- Work task: Keyword search on "true": report each line of the records that contains it.

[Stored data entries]
----------

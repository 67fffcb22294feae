-- ===== src/Ssi/Sync.antt =====
-- ssi.c: comparing items, and aim_ssi_sync with the functions that it calls. A request that is handed
-- to aim_tx_enqueue is a value of `Request`, and `sent` are those handed over so far, oldest first.
-- `connected` says whether aim_conn_findbygroup finds a connection, and `next` is the address that the
-- next `malloc` of an item returns. `mem` gives the content of the memory that `malloc` returns. The
-- result `none` stands for the use of a pointer to an item that was freed, or for a loop without end.
pub mod Plan
pub mod Agree
use irssi_icq.Base.{
  ℕ, List, [], ◌∷◌, ◌++◌, Option, none, some, Bool, true, not, ◌==◌, if◌then◌else◌, ◌>>=◌,
}
use irssi_icq.Util.{sncmp}
use irssi_icq.Tlv.{Tlv, sizetlvchain, tlvlist_cmp}
use irssi_icq.Ssi.{Item, itemlist_find}

abbrev pub action_add : ℕ
action_add = 0x0008

abbrev pub action_mod : ℕ
action_mod = 0x0009

abbrev pub action_del : ℕ
action_del = 0x000A

-- The tests on `data`.
unfoldable pub cmp_tlvs : (ℕ → List ℕ) → List Tlv → List Tlv → ℕ
cmp_tlvs mem [] [] = 0
cmp_tlvs mem (x ∷ l) [] = 2
cmp_tlvs mem [] (y ∷ m) = 3
cmp_tlvs mem (x ∷ l) (y ∷ m) =
    if tlvlist_cmp (mem (sizetlvchain (x ∷ l))) (mem (sizetlvchain (y ∷ m))) (x ∷ l) (y ∷ m) == 0
    then 0
    else 4

-- The tests on `name`.
unfoldable pub cmp_name : Option (List ℕ) → Option (List ℕ) → ℕ
cmp_name none none = 0
cmp_name (some name1) none = 5
cmp_name none (some name2) = 6
cmp_name (some name1) (some name2) = if sncmp name1 name2 == 0 then 0 else 7

unfoldable pub itemlist_cmp : (ℕ → List ℕ) → Item → Item → ℕ
itemlist_cmp mem cur1 cur2 =
    if not (cmp_tlvs mem cur1.tlvs cur2.tlvs == 0)
    then cmp_tlvs mem cur1.tlvs cur2.tlvs
    else if not (cmp_name cur1.name cur2.name == 0)
    then cmp_name cur1.name cur2.name
    else if not (cur1.gid == cur2.gid)
    then 8
    else if not (cur1.bid == cur2.bid)
    then 9
    else if not (cur1.type == cur2.type)
    then 10
    else 0

pub record Tmp : Type 0 where
  pub action : ℕ
  pub ack : ℕ
  pub name : Option (List ℕ)
  pub item : Option ℕ

pub data Request : Type 0 where
  edit : ℕ → List Item → Request
  edit_stop : Request

pub record Store : Type 0 where
  pub received_data : Bool
  pub numitems : ℕ
  pub official : List Item
  pub local : List Item
  pub pending : List Tmp
  pub timestamp : ℕ
  pub waiting_for_ack : Bool
  pub connected : Bool
  pub sent : List Request
  pub next : ℕ

-- What the loops append for an item.
abbrev pub new_tmp : ℕ → Item → Tmp
new_tmp action cur1 = record { action = action; ack = 0xffff; name = none; item = some cur1.addr }

-- The loops for additions and for deletions: the items of one list whose numbers the other lacks.
unfoldable pub missing : ℕ → List Item → List Item → List Tmp
missing action [] other = []
missing action (cur1 ∷ rest) other = elim (itemlist_find other cur1.gid cur1.bid) [
  | none ↦ new_tmp action cur1 ∷ missing action rest other
  | some cur2 ↦ missing action rest other
]

unfoldable pub modifications : (ℕ → List ℕ) → List Item → List Item → List Tmp
unfolding itemlist_cmp
modifications mem [] official = []
modifications mem (cur1 ∷ rest) official = elim (itemlist_find official cur1.gid cur1.bid) [
  | none ↦ modifications mem rest official
  | some cur2 ↦
      if not (itemlist_cmp mem cur1 cur2 == 0)
      then new_tmp action_mod cur1 ∷ modifications mem rest official
      else modifications mem rest official
]

-- `if (!sess->ssi.pending)` before a loop that fills it.
unfoldable pub or_else : List Tmp → List Tmp → List Tmp
or_else [] found = found
or_else (cur ∷ rest) found = cur ∷ rest

-- The item that a pointer points to.
unfoldable pub deref : List Item → ℕ → Option Item
deref [] addr = none
deref (cur ∷ rest) addr = if cur.addr == addr then some cur else deref rest addr

unfoldable pub deref_item : List Item → Option ℕ → Option Item
unfolding deref
deref_item heap none = none
deref_item heap (some addr) = deref heap addr

-- The loop of aim_ssi_addmoddel that writes the items.
unfoldable pub items_of : List Item → List Tmp → Option (List Item)
unfolding deref_item
items_of heap [] = some []
items_of heap (cur ∷ rest) = do
  item ← deref_item heap cur.item
  others ← items_of heap rest
  some (item ∷ others)

unfoldable pub send : Store → Request → Store
send s r = if s.connected then record s { sent = s.sent ++ (r ∷ []) } else s

unfoldable pub send_pending : Store → List Tmp → Option Store
unfolding items_of send
send_pending s [] = some s
send_pending s (cur ∷ rest) = elim cur.item [
  | none ↦ some s
  | some addr ↦ (do
    items ← items_of (s.local ++ s.official) (cur ∷ rest)
    some (send s (edit cur.action items)))
]

unfoldable pub addmoddel : Store → Option Store
unfolding send_pending
addmoddel s = if s.connected then send_pending s s.pending else some s

unfoldable pub modend : Store → Store
unfolding send
modend s = send s edit_stop

-- The work list of aim_ssi_sync: the first of the three loops that finds something fills it.
unfoldable pub work : (ℕ → List ℕ) → Store → List Tmp
unfolding missing modifications or_else
work mem s = or_else s.pending (
    or_else (missing action_add s.local s.official)
      (or_else (missing action_del s.official s.local) (modifications mem s.local s.official)))

unfoldable pub start : Store → List Tmp → Option Store
unfolding modend addmoddel
start s [] = some (modend (record s { pending = [] }))
start s (cur ∷ rest) = addmoddel (record s { pending = cur ∷ rest; waiting_for_ack = true })

unfoldable pub sync : (ℕ → List ℕ) → Store → Option Store
unfolding work start
sync mem s = if s.waiting_for_ack then some s else start s (work mem s)

unfoldable pub freelist : Store → Store
freelist s = record s { numitems = 0; official = []; local = []; pending = []; timestamp = 0 }

unfoldable pub deletelist : (ℕ → List ℕ) → Store → Option Store
unfolding sync
deletelist mem s = sync mem (record s { local = [] })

----------

- Result for this exercise:
  ℕ, List, [], ◌∷◌, ◌++◌, Option, none, some, Bool, true, not, ◌==◌, if◌then◌else◌, ◌>>=◌,
start s (cur ∷ rest) = addmoddel (record s { pending = cur ∷ rest; waiting_for_ack = true })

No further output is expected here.